Peter Nitschke of the Bancroft Forestry Industry Association and Lou Freymond of Freymond Lumber Ltd. presented to Bancroft council during their meeting in Dungannon Aug. 23. The presentation was regarding an emergency motion calling for an additional five-year extension to the forest industry’s exemption from the Endangered Species Act; and for a two-year exemption from the new Species At Risk guide by the Government of Ontario. Nitschke and Freymond took turns explaining to council why they feel the updated prescriptions for 28 species at risk defined in the updated SAR guide would “shut down mills” in the far north and damage the economies of communities throughout the province, fueled by the forestry industry.

“There are a lot of communities that are highly dependent on the forestry industry where the mill is the reason the town exists,” said Nitschke.

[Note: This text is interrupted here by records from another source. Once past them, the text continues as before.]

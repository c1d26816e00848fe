-- ===== src/Net/Tcp.antt =====
-- net_stubs.c, TCP: the callbacks that lwIP makes and the functions that OCaml calls.
pub mod Stream
pub mod Pipe
pub mod Flow
pub mod Faults
pub mod Keeps
pub mod Moves
pub mod Cores
pub mod Connect
use pico_ocaml.Prelude.{
  ℕ, ◌+◌, ◌-◌, Option, none, some, List, length, take, drop, ltb, ◌==◌, not, ◌&&◌, if◌then◌else◌,
}
use pico_ocaml.Prelude.Int.{ℤ, pos, negsuc}
use pico_ocaml.Queue.{EventType, Payload, Event}
use pico_ocaml.Net.World.{World, Call}
use pico_ocaml.Net.State.{
  SocketState, is_closed, is_connected, Proto, is_tcp, Socket, M, pure, ◌>>=◌, ◌>>◌, load, store,
  call, ask, enqueue, net_lock_acquire, net_lock_release, lift, write_at, read_front, sub_size,
  lesser, with_slot, minus_one, minus_two, eq_ℤ, as_u16, as_int,
}
use pico_ocaml.Net.Socket.{socket_alloc, socket_free}

abbrev pub tcp_event : EventType → ℤ → Payload → Event
tcp_event kind id u = record { kind = kind; socket_id = id; u = u }

-- `recv_buf + recv_len` receives the first `to_copy` bytes of the pbuf.
unfoldable pub append_bytes : Socket → List ℕ → Option Socket
append_bytes s bytes = elim s.recv_buf [
  | none ↦ none
  | some block ↦ elim (write_at s.recv_len bytes block) [
    | none ↦ none
    | some block' ↦ some (record s { recv_buf = some block'; recv_len = s.recv_len + length bytes })
  ]
]

-- The section under the lock: how many bytes are copied.
pub copy_in : ℕ → List ℕ → M ℕ
unfolding load store net_lock_acquire net_lock_release append_bytes
copy_in i p = do
  net_lock_acquire
  s ← load i
  let space = sub_size s.recv_capacity s.recv_len
  let to_copy = lesser (length p) space
  s' ← lift (if ltb 0 to_copy then append_bytes s (take to_copy p) else some s)
  store i s'
  net_lock_release
  pure to_copy

-- `arg` is the socket's number; `p` is the pbuf's data, `none` for NULL. `tot_len` is its length.
pub tcp_recv_callback : World → ℤ → (tpcb : ℕ) → Option (List ℕ) → (err : ℤ) → M ℤ
unfolding copy_in call enqueue load store
tcp_recv_callback w arg tpcb none err = with_slot arg (pure w.err_val) λ i. do
  s ← load i
  store i (record s { state = SocketState.closed })
  enqueue (tcp_event EventType.tcp_closed arg Payload.zeroed)
  pure w.err_ok
tcp_recv_callback w arg tpcb (some p) err =
    with_slot arg (do call Call.pbuf_free; pure w.err_val)
      λ i. if not (eq_ℤ err w.err_ok) then (do call Call.pbuf_free; pure err) else do
        to_copy ← copy_in i p
        call (Call.tcp_recved tpcb (length p))
        call Call.pbuf_free
        enqueue (tcp_event EventType.tcp_received arg (Payload.received to_copy 0 0))
        pure w.err_ok

pub tcp_sent_callback : World → ℤ → (len : ℕ) → M ℤ
unfolding enqueue
tcp_sent_callback w arg len = do
  enqueue (tcp_event EventType.tcp_sent arg (Payload.sent len))
  pure w.err_ok

pub tcp_err_callback : ℤ → (err : ℤ) → M (Unit {0})
unfolding enqueue load store
tcp_err_callback arg err = do
  with_slot arg (pure tt)
      λ i. do s ← load i; store i (record s { state = SocketState.failed; pcb = none })
  enqueue (tcp_event EventType.tcp_error arg (Payload.error err))

pub tcp_connected_callback : World → ℤ → (err : ℤ) → M ℤ
unfolding enqueue load store
tcp_connected_callback w arg err = do
  with_slot arg (pure tt) λ i. do
    s ← load i
    store i (record s {
      state = if eq_ℤ err w.err_ok then SocketState.connected else SocketState.failed;
    })
  enqueue (tcp_event EventType.tcp_connected arg (Payload.error err))
  pure w.err_ok

-- `pico_tcp_create` after `socket_alloc` has returned `sock_id`.
tcp_open : World → ℕ → M ℤ
unfolding load store call ask
tcp_open w i = do
  pcb ← ask Call.tcp_new w.tcp_new_result
  elim pcb [
    | none ↦ (do socket_free (pos i); pure minus_one)
    | some h ↦ (do
      s ← load i
      store i (record s { pcb = some h })
      call (Call.tcp_callbacks h i)
      pure (pos i))
  ]

unfoldable pub pico_tcp_create : World → M ℤ
unfolding socket_alloc tcp_open
pico_tcp_create w = do
  sock_id ← socket_alloc w Proto.tcp
  elim sock_id [ negsuc _ ↦ pure minus_one | pos i ↦ tcp_open w i ]

-- The guard that the functions below share: the socket is TCP and has a pcb.
with_tcp_pcb : ℤ → (ℕ → Socket → ℕ → M ℤ) → M ℤ
unfolding load
with_tcp_pcb sock_id k = with_slot sock_id (pure minus_one) λ i. do
  s ← load i
  elim s.pcb [ none ↦ pure minus_one | some h ↦ if is_tcp s.proto then k i s h else pure minus_one ]

unfoldable pub pico_tcp_connect : World → ℤ → (ip port : ℕ) → M ℤ
unfolding with_tcp_pcb store call ask
pico_tcp_connect w sock_id ip port = with_tcp_pcb sock_id λ i s h. do
  store i (record s { state = SocketState.connecting })
  call Call.lwip_begin
  err ← ask (Call.tcp_connect h ip port) w.connect_result
  call Call.lwip_end
  pure (if eq_ℤ err w.err_ok then pos 0 else minus_one)

-- `tcp_write` takes the length as a `u16_t`.
pub pico_tcp_write : World → ℤ → List ℕ → M ℤ
unfolding with_tcp_pcb call ask
pico_tcp_write w sock_id bytes = with_tcp_pcb sock_id λ i s h.
    if not (is_connected s.state) then pure minus_one else do
      call Call.lwip_begin
      err ← ask (Call.tcp_write h (take (as_u16 (length bytes)) bytes)) w.write_result
      if eq_ℤ err w.err_ok then call (Call.tcp_output h) else pure tt
      call Call.lwip_end
      pure (if eq_ℤ err w.err_ok then as_int (length bytes) else minus_one)

-- `memcpy` out of the front, `memmove` of what is left to the front.
unfoldable pub take_bytes : Socket → ℕ → Option (List ℕ × Socket)
take_bytes s to_read = elim s.recv_buf [
  | none ↦ none
  | some block ↦ elim (read_front to_read block) [
    | none ↦ none
    | some out ↦
        elim (if ltb to_read s.recv_len
          then write_at 0 (take (s.recv_len - to_read) (drop to_read block)) block
          else some block) [
            | none ↦ none
            | some block' ↦
                some (out, record s { recv_buf = some block'; recv_len = s.recv_len - to_read })
          ]
  ]
]

-- The result, with the bytes written to `buf`, which has room for `max_len`.
pub pico_tcp_read : ℤ → (max_len : ℕ) → M (ℤ × List ℕ)
unfolding load store net_lock_acquire net_lock_release take_bytes
pico_tcp_read sock_id max_len = with_slot sock_id (pure (minus_one, List.[])) λ i. do
  s ← load i
  if not (is_tcp s.proto) then pure (minus_one, List.[]) else do
    net_lock_acquire
    let to_read = lesser s.recv_len max_len
    (out, s') ← lift (if ltb 0 to_read then take_bytes s to_read else some (List.[], s))
    store i s'
    net_lock_release
    pure ((if (to_read == 0) && is_closed s'.state then minus_two else pos to_read), out)

pub pico_tcp_close : ℤ → M (Unit {0})
unfolding load call
pico_tcp_close sock_id = with_slot sock_id (pure tt) λ i. do
  s ← load i
  if not (is_tcp s.proto) then pure tt else do
    elim s.pcb [
      | none ↦ pure tt
      | some h ↦ (do
        call Call.lwip_begin
        call (Call.tcp_no_callbacks h)
        call (Call.tcp_close h)
        call Call.lwip_end)
    ]
    socket_free sock_id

He explained that the reason the Ontario Forestry Industry Association brought the motion to council was because forest practitioners had issues with how the legislation affects the industry. Nitschke asserted that the prescriptions designated within the SAR guide showed a lack of understanding. One of the reasons for this, he said, was because there was very little involvement with aboriginal communities and municipalities throughout the process of putting the guide together.

“Some of [the rules], in our opinion, were quite frankly contrary to science, or at least not supported by science,” he said.

“The direction was very rigid. It wasn’t recognizing all the risks to the species and the things that really imperil species at risk. As an example, the big risk for turtles is roadkill and the pet trade.”

Because the ESA and Species At Risk Act focus on the recovery of individual species, Nitschke sees the legislation as missing the big picture when it comes to forest management. He maintains that the protective measures in place for species at risk such as the Blanding’s turtle and the woodland caribou in northern Ontario under the ESA and SARA are particularly harmful to the forest industry.

“Down here of course we don’t have caribou, we’ve got turtles — turtles are our caribou,” Nitschke said. “We’re not dealing with prohibitions against logging, we’re mostly dealing with timing restrictions. We’re dealing with time restrictions, but we don’t have good inventories of where these species are. We don’t have the tools to assess what the impact and cost to the wood supply is from these timing restrictions, so it comes down to down to judgment. It’s a lot harder to quantify, so the effects we are seeing are much more insidious.”

A high percentage of the local harvest area is under timing restrictions. Freymond added that such restrictions are not always the best for the environment.

“If you’re in there when they tell you that you can go because you might not be hurting a species at risk at the time, you’re hurting something else. That’s the sad part.”

Over the past 30 years, Freymond said while on the job he has never seen a turtle killed or injured. He said he’d seen “tons of Blanding’s turtles” in the forest throughout his career. He questioned whether the species deserves to be listed as a threatened. Both Nitschke and Freymond told council that they believe the ESA and SARA are redundant because species at risk are already protected under the Crown Forest Sustainability Act. They feel the CFSA is a more effective piece of legislation because it also takes into consideration the social and economic impacts of protecting species at risk and environment.

Before council could vote on whether to support the suggested motion, acting mayor Paul Jenkins announced that the provincial government had promised to delay the posting of the draft SAR guide at the recent Association of Municipalities of Ontario conference.